Action item
Please copy out the entries below exactly, beginning with the line that contains "bad (inl (_, refl))" and ending with the line that contains "(admitted ≡ true)", and include nothing outside that span.

(Saved entries)
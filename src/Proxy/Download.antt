-- ===== src/Proxy/Download.antt =====
-- `Download` of internal/api/v1/proxy.go. What `downloadClient` gets is a parameter, next to those of `Proxy`. The
-- header `Content-Disposition`, which every download has, is left out.
mod Tests
use aniraku_backend.Base.{
  ltb, leb, if◌then◌else◌, Bool-cases, Option-cases, take, Text, codes, text_eq, decimal, ℕ, ◌*◌,
  ◌^◌, ◌≤◌, ◌<◌, ◌≡◌, refl, ap, ◌∙◌, ◌⊎◌, inl, inr, Bool, true, false, not, ◌||◌, none, some, [],
  ◌++◌, arith,
}
use aniraku_backend.Proxy.Allowlist.{Learned, host_gate}
use aniraku_backend.Proxy.Transport.{Upstream, Outcome, failed, responded}
use aniraku_backend.Proxy.Answer.{nothing, message, relayed, Answer, respond_error}
use aniraku_backend.Proxy.Serve.{Url, is_blocked_port, or_else, given, shed}
use aniraku_backend.Proxy.Handler.{Library, is_web}

abbrev pub download_max_bytes : ℕ
download_max_bytes = 200 * 2 ^ 20

-- The answer before the handler, with the origin that the middleware allows.
unfoldable pub private_answer : Text → Answer
private_answer origin = record {
  status = 200;
  cache_control = codes "no-store, private";
  allow_origin = origin;
  origin_bound = true;
  content_type = none;
  content_length = none;
  content_range = none;
  accept_ranges = none;
  retry_after = none;
  body = nothing;
}

-- The end of the handler: the file, or what is left of it under the cap.
unfoldable pub send_file : Upstream → Answer → Answer
unfolding given or_else
send_file up a = record a {
  status = up.status;
  content_type = some (or_else up.content_type (codes "video/mp4"));
  content_length = given up.content_length;
  content_range = given up.content_range;
  body = relayed (take download_max_bytes up.body);
}

unfoldable pub pass_on : Outcome → Answer → Answer
unfolding send_file respond_error
pass_on (failed e) a = respond_error 502 (codes "download source unreachable") a
pass_on (responded up) a =
    if ltb up.status 200 || leb 400 up.status
    then respond_error up.status (codes "download source returned " ++ decimal up.status) a
    else send_file up a

module _ (lib : Library) (now : ℕ) (admitted : Bool) (source : Outcome) where
  -- `url.QueryUnescape`, or the text as it is.
  unfoldable pub download_url : Text → Text
  download_url target = elim (lib.query_unescape target) [ none ↦ target | some decoded ↦ decoded ]

  -- The gates behind the port's; the answers of `shed` are those of `Proxy`.
  unfoldable pub fetch_file : Url → Answer → Learned → Learned × Answer
  unfolding pass_on shed respond_error host_gate
  fetch_file u a s =
      let (learned, ok) = host_gate lib.lower_other lib.parse_ip lib.cdn_env u.hostname now s in
      let sent = pass_on source a in
      if not ok
      then (learned, respond_error 403 (codes "download target not allowed") a)
      else if admitted
      then (learned, sent)
      else (learned, shed a)

  unfoldable pub download : Text → Text → Learned → Learned × Answer
  unfolding private_answer respond_error download_url is_web is_blocked_port fetch_file text_eq
  download origin target s =
      let a = private_answer origin in
      let invalid : Learned × Answer = (s, respond_error 400 (codes "invalid URL scheme") a) in
      if text_eq target []
      then (s, respond_error 400 (codes "url parameter required") a)
      else elim (lib.parse_url (download_url target)) [
        | none ↦ invalid
        | some u ↦
            if not (is_web u)
            then invalid
            else if is_blocked_port u.port
            then (s, respond_error 403 (codes "download target port not allowed") a)
            else fetch_file u a s
      ]

  -- What a download that is no error shows.
  pub record Loaded (target : Text) (s : Learned) (u : Url) (up : Upstream) (a : Answer)
      : Type 0 where
    pub parsed : lib.parse_url (download_url target) ≡ some u
    pub web : is_web u ≡ true
    pub open_port : is_blocked_port u.port ≡ false
    pub passed : (host_gate lib.lower_other lib.parse_ip lib.cdn_env u.hostname now s).1 ≡ true
    pub slot : admitted ≡ true
    pub sent : source ≡ responded up
    pub least : 200 ≤ up.status
    pub most : up.status < 400
    pub whole : a.body ≡ relayed (take download_max_bytes up.body)
    pub kept_private : a.cache_control ≡ codes "no-store, private"

  abbrev pub Ends : Text → Learned → Answer → Type 0
  Ends target s a =
      ((text : Text) × (a.body ≡ message text))
      ⊎ ((u : Url) × (up : Upstream) × Loaded target s u up a)

  outcome_sent :
      (o : Outcome) (a : Answer)
      → ((text : Text) × ((pass_on o a).body ≡ message text))
        ⊎ ((up : Upstream) × (o ≡ responded up)
            × (200 ≤ up.status)
            × (up.status < 400)
            × (pass_on o a ≡ send_file up a))
  unfolding pass_on respond_error
  outcome_sent (failed e) a = inl (_, refl)
  outcome_sent (responded up) a = elim (Bool-cases (ltb up.status 200 || leb 400 up.status)) [
    | inl bad ↦ rw bad (inl (_, refl))
    | inr good ↦ rw good (inr (up, refl, ground (arith, good), ground (arith, good), refl))
  ]

  fetch_file_cases :
      (u : Url) (a : Answer) (s : Learned)
      → ((text : Text) × ((fetch_file u a s).1.body ≡ message text))
        ⊎ ((host_gate lib.lower_other lib.parse_ip lib.cdn_env u.hostname now s).1 ≡ true)
          × (admitted ≡ true)
          × ((fetch_file u a s).1 ≡ pass_on source a)
  unfolding fetch_file shed respond_error
  fetch_file_cases u a s =
      elim (Bool-cases (host_gate lib.lower_other lib.parse_ip lib.cdn_env u.hostname now s).1) [
        | inr refused ↦ rw refused (inl (_, refl))
        | inl ok ↦ elim (Bool-cases admitted) [
          | inr busy ↦ rw (ok, busy) (inl (_, refl))
          | inl slot ↦ rw (ok, slot) (inr (refl, refl, refl))
        ]
      ]

  -- Whatever the source answers, a download ends in an error text, or its URL parses, is of the
  -- web, has a port that is not blocked and a host that passes the gate, a slot was free, the
  -- source answered with a status from 200 to 399, and the body is its first 200 MiB, not to be
  -- stored.
  pub download-Ends :
      (origin target : Text) (s : Learned) → Ends target s (download origin target s).1
  unfolding download respond_error private_answer send_file
  download-Ends origin target s = elim (Bool-cases (text_eq target [])) [
    | inl empty ↦ rw empty (inl (_, refl))
    | inr named ↦ elim (Option-cases (lib.parse_url (download_url target))) [
      | inl broken ↦ rw (named, broken, download) (inl (_, refl))
      | inr (u, read) ↦ elim (Bool-cases (is_web u)) [
        | inr other ↦ rw (named, read, other, download) (inl (_, refl))
        | inl web ↦ elim (Bool-cases (is_blocked_port u.port)) [
          | inl blocked ↦ rw (named, read, web, blocked, download) (inl (_, refl))
          | inr free ↦
              rw (named, read, web, free, download)
                (elim (fetch_file_cases u (private_answer origin) s) [
                  | inl told ↦ inl told
                  | inr (ok, slot, same) ↦ elim (outcome_sent source (private_answer origin)) [
                    | inl (text, told) ↦ inl (text, ap (λ (a : Answer). a.body) same ∙ told)
                    | inr (up, sent, least, most, file) ↦ inr (
                      u,
                      up,
                      record {
                        parsed = read;
                        web = web;
                        open_port = free;
                        passed = ok;
                        slot = slot;
                        sent = sent;
                        least = least;
                        most = most;
                        whole = ap (λ (a : Answer). a.body) (same ∙ file);
                        kept_private = ap (λ (a : Answer). a.cache_control) (same ∙ file);
                      },
                    )
                  ]
                ])
        ]
      ]
    ]
  ]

Expected answer
    | inl bad ↦ rw bad (inl (_, refl))
    | inr good ↦ rw good (inr (up, refl, ground (arith, good), ground (arith, good), refl))
  ]

  fetch_file_cases :
      (u : Url) (a : Answer) (s : Learned)
      → ((text : Text) × ((fetch_file u a s).1.body ≡ message text))
        ⊎ ((host_gate lib.lower_other lib.parse_ip lib.cdn_env u.hostname now s).1 ≡ true)
          × (admitted ≡ true)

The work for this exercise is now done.